Use Capybara from within ActionDispatch::IntegrationTest.

Why?

If your application relies on your server to generate and transmit all of its HTML, then the structure and contents of those HTTP requests and responses is crucial.

Testing the overlap between Controllers and Views

Out of the box, Action Dispatch depends on the rails-dom-testing gem to provide tests with a way of asserting the structure and contents of a request's HTML response body. For example, consider an HTML response for an HTTP GET request to /articles/hello-world:

<html>
  <head>
    <title>Hello, World!</title>
  </head>
  <body>
    <main>
      <h1>Hello, World!</h1>
    </main>
  </body>
</html>

The rails-dom-testing gem provides a collection of methods that transform [CSS selectors][] and text into assertions about the structure and contents of the response body's HTML:

class ArticlesTest < ActionDispatch::IntegrationTest
  test "index" do
    get article_path("hello-world")

    assert_select "title", "Hello, World!"
    assert_select "body main h1", "Hello, World!"
  end
end

In their most simple form, they provide a lot of utility in their flexibility. In spite of that flexibility, writing assertions in this style can become complicated in the face of Real World features.
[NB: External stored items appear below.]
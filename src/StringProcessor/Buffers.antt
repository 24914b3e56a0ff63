-- ===== src/StringProcessor/Buffers.antt =====
-- The buffers of the converter: their sizes under writes and reads, and the write past the end.
use embedded_basecamp.Prelude.{
  ℕ, zero, suc, ◌+◌, ◌-◌, ◌%◌, ◌^◌, ◌≤◌, ◌≡◌, refl, ap, ◌∙◌, subst, Bool, Option, none, some, List,
  [], ◌∷◌, ◌++◌, arith, length, get_elem?, take, drop, map, ltb, Bool-cases, Option-cases, inl, inr,
  if◌then◌else◌, length-set, length-take, get_elem?,
}
use embedded_basecamp.Prelude.Partial.{◌>>=◌, >>=-eq-some}
use embedded_basecamp.Bytes.{length-drop, length-laid, write_at, write_all, read_at, c_string, laid}
use embedded_basecamp.StringProcessor.{
  ConversionMode, none_conversion, flip, uppercase, buffer_size,
}
use embedded_basecamp.StringProcessor.Convert.{
  reverse_token_in, reverse_token, tokens, reverse_tokens, end_at, reverse_source,
  reverse_string_words, to_write, upper_source, to_upper_string, copy_string_to_output, space,
}
use embedded_basecamp.StringProcessor.Device.{
  Converter, unread, procfs_read_callback, convert, procfs_write_callback,
}

write_at-length :
    (b : List ℕ) (i v : ℕ) (b' : List ℕ) → write_at b i v ≡ some b' → length b' ≡ length b
unfolding write_at
write_at-length b i v b' h = ground (arith, length-set b i v)

write_all-length :
    (cs : List ℕ) (i : ℕ) (b b' : List ℕ) → write_all cs i b ≡ some b' → length b' ≡ length b
unfolding write_all
write_all-length [] i b b' h = ground arith
write_all-length (c ∷ cs) i b b' h =
    let (b1, run, rest) = >>=-eq-some (write_at b i c) (write_all cs (i + 1)) h in
    write_all-length cs (i + 1) b1 b' rest ∙ write_at-length b i c b1 run

reverse_token_in-length :
    (left i : ℕ) (t : List ℕ) (pos : ℕ) (b b' : List ℕ)
    → reverse_token_in left i t pos b ≡ some b'
    → length b' ≡ length b
unfolding reverse_token_in
reverse_token_in-length zero i t pos b b' h = ground arith
reverse_token_in-length (suc left) i t pos b b' h = elim (Option-cases (get_elem? t left)) [
  | inl k ↦ absurd (ground arith)
  | inr (c, k) ↦ elim (Option-cases (write_at b (pos + i) c)) [
    | inl w ↦ absurd (ground arith)
    | inr (b1, w) ↦
        let rest : reverse_token_in left (i + 1) t pos b1 ≡ some b' = rw (k, w) at h in
        reverse_token_in-length left (i + 1) t pos b1 b' rest ∙ write_at-length b (pos + i) c b1 w
  ]
]

reverse_tokens-length :
    (ts : List (List ℕ)) (pos : ℕ) (b b' : List ℕ)
    → reverse_tokens ts pos b ≡ some b'
    → length b' ≡ length b
unfolding reverse_tokens reverse_token
reverse_tokens-length [] pos b b' h = ground arith
reverse_tokens-length (t ∷ ts) pos b b' h =
    elim (Option-cases (reverse_token_in (length t) 0 t pos b)) [
      | inl k ↦ absurd (ground arith)
      | inr (b1, k) ↦ elim (Option-cases (write_at b1 (pos + length t) space)) [
        | inl w ↦ absurd (ground arith)
        | inr (b2, w) ↦
            let rest : reverse_tokens ts (pos + length t + 1) b2 ≡ some b' = rw (k, w) at h in
            reverse_tokens-length ts (pos + length t + 1) b2 b' rest
            ∙ write_at-length b1 (pos + length t) space b2 w
            ∙ reverse_token_in-length (length t) 0 t pos b b1 k
      ]
    ]

reverse_source-length :
    (p : Bool) (s b b' : List ℕ) → reverse_source p s b ≡ some b' → length b' ≡ length b
reverse_source-length p s b b' h = elim (Bool-cases (ltb buffer_size (length s + 1))) [
  | inl k ↦ ground arith
  | inr k ↦ elim (Bool-cases p) [
    | inl q ↦
        let run : (reverse_tokens (tokens s) 0 b >>= end_at (length s + 1)) ≡ some b' =
          rw (k, q) at h in
        let (b1, first, last) =
          >>=-eq-some (reverse_tokens (tokens s) 0 b) (end_at (length s + 1)) run in
        write_at-length b1 (length s + 1) 0 b' last ∙ reverse_tokens-length (tokens s) 0 b b1 first
    | inr q ↦ absurd (ground arith)
  ]
]

-- The buffers have their size, and what is unread lies in them.
pub record IsValid (d : Converter) : Type 0 where
  pub size_in : length d.proc_buffer_in ≡ buffer_size
  pub size_out : length d.proc_buffer_out ≡ buffer_size
  pub unread_in : d.proc_msg_read_pos ≤ d.proc_msg_length
  pub message_in : d.proc_msg_length ≤ buffer_size

-- What an answer leaves.
abbrev left_by : Converter → Option (ℕ × Converter) → Converter
left_by d none = d
left_by d (some (n, d')) = d'

module _ (toupper : ℕ → ℕ) where
  upper_source-length :
      (s b b' : List ℕ) → upper_source toupper s b ≡ some b' → length b' ≡ length b
  upper_source-length s b b' h = elim (Bool-cases (ltb buffer_size (length s + 1))) [
    | inl k ↦ ground arith
    | inr k ↦
        let text = map (to_write toupper) s in
        let run : (write_all text 0 b >>= end_at (length s + 1)) ≡ some b' = rw k at h in
        let (b1, first, last) = >>=-eq-some (write_all text 0 b) (end_at (length s + 1)) run in
        write_at-length b1 (length s + 1) 0 b' last ∙ write_all-length text 0 b b1 first
  ]

  pub convert-length :
      (mode : ConversionMode) (d : Converter) (b' : List ℕ)
      → convert toupper mode d ≡ some b'
      → length b' ≡ length d.proc_buffer_out
  unfolding convert copy_string_to_output reverse_string_words to_upper_string
  convert-length none_conversion d b' h =
      let (s, first, last) = >>=-eq-some (c_string d.proc_buffer_in) _ h in
      write_all-length (s ++ 0 ∷ []) 0 d.proc_buffer_out b' last
  convert-length flip d b' h =
      let (s, first, last) = >>=-eq-some (c_string d.proc_buffer_in) _ h in
      reverse_source-length d.processing s d.proc_buffer_out b' last
  convert-length uppercase d b' h =
      let (s, first, last) = >>=-eq-some (c_string d.proc_buffer_in) _ h in
      upper_source-length s d.proc_buffer_out b' last

  -- A write that does not fault keeps the converter valid, whatever the message, the mode and the
  -- number of bytes that copy_from_user leaves.
  pub procfs_write_callback-IsValid :
      (message : List ℕ) (left n : ℕ) (d d' : Converter)
      → IsValid d
      → procfs_write_callback toupper message left d ≡ some (n, d')
      → IsValid d'
  unfolding procfs_write_callback
  procfs_write_callback-IsValid message left n d d' v h =
      let size = if ltb buffer_size (length message) then buffer_size else length message in
      let text = take (size - left) message in
      let d1 = record d {
        proc_buffer_in = laid text d.proc_buffer_in;
        proc_msg_length = size - left;
        proc_msg_read_pos = 0;
      } in
      let (out, run, last) = >>=-eq-some (convert toupper d.active_conversion_mode d1) _ h in
      let small : size ≤ buffer_size = ground arith in
      let short : length text ≤ buffer_size = omega (arith, length-take (size - left) message) in
      subst IsValid (ap (left_by d) last) (record {
        size_in = length-laid text d.proc_buffer_in (omega (arith, v.size_in)) ∙ v.size_in;
        size_out = convert-length d.active_conversion_mode d1 out run ∙ v.size_out;
        unread_in = omega arith;
        message_in = omega arith;
      })

readable :
    (d : Converter) (m : ℕ)
    → IsValid d
    → d.proc_msg_read_pos + m ≤ buffer_size
    → read_at d.proc_buffer_out d.proc_msg_read_pos m
      ≡ some (take m (drop d.proc_msg_read_pos d.proc_buffer_out))
unfolding read_at
readable d m v h = ground (arith, v.size_out)

-- A read of a valid converter does not fault; it answers at most what was asked for and what is
-- unread, and leaves a valid converter.
pub procfs_read_callback-IsValid :
    (n left : ℕ) (d : Converter)
    → IsValid d
    → (m : ℕ) × (bytes : List ℕ) × (d' : Converter) × (procfs_read_callback n left d
        ≡ some (m, bytes, d'))
      × (m ≤ n)
      × (length bytes ≡ m)
      × (d'.proc_msg_read_pos ≡ d.proc_msg_read_pos + m)
      × IsValid d'
unfolding procfs_read_callback
procfs_read_callback-IsValid n left d v =
    let m = (if ltb (unread d) n then unread d else n) - left in
    let rest : unread d ≡ d.proc_msg_length - d.proc_msg_read_pos =
      grind (arith, v.unread_in, v.message_in) in
    let asked : m ≤ n = ground arith in
    let fits : m ≤ d.proc_msg_length - d.proc_msg_read_pos = ground arith in
    let bytes = take m (drop d.proc_msg_read_pos d.proc_buffer_out) in
    let whole : length bytes ≡ m = omega (
      arith,
      length-take m (drop d.proc_msg_read_pos d.proc_buffer_out),
      length-drop d.proc_msg_read_pos d.proc_buffer_out,
      v.size_out,
      v.unread_in,
      v.message_in,
    ) in
    let inside : d.proc_msg_read_pos + m ≤ d.proc_msg_length = omega (arith, v.unread_in, fits) in
    let small : d.proc_msg_read_pos + m ≤ buffer_size = omega (arith, inside, v.message_in) in
    let pos : (d.proc_msg_read_pos + m) % 2 ^ 64 ≡ d.proc_msg_read_pos + m = grind (arith, small) in
    (
      m,
      bytes,
      record d { proc_msg_read_pos = (d.proc_msg_read_pos + m) % 2 ^ 64 },
      rw (readable d m v small) refl,
      asked,
      whole,
      pos,
      record {
        size_in = v.size_in;
        size_out = v.size_out;
        unread_in = rw pos inside;
        message_in = v.message_in;
      },
    )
For example, consider an HTML response for an HTTP GET request to /sessions/new:

<html>
  <head>
    <title>Sign in</title>
  </head>
  <body>
    <main>
      <h1>Sign in</h1>

      <form method="post" action="/sessions">
        <label for="session_email_address">Email address</label>
        <input type="email" id="session_email_address" name="session[email_address]">

        <label for="session_password">Password</label>
        <input type="password" id="session_password" name="session[password]">

        <button>Sign in</button>
      </form>
    </main>
  </body>
</html>

The ActionDispatch::IntegrationTest cases for this page might cover several facets of the HTML, namely:

  1. The page has a <title> element containing the text "Sign in"
  2. The page has the text "Sign in" in its header and a <button> with "Sign in" as its content, and that they're two different elements.
  3. The page has an <input type="email"> element to collect the user's email address, and that field is labelled with the text "Email address"
  4. The page has an <input type="password"> element to collect the user's password, and that field is labelled with the text "Password".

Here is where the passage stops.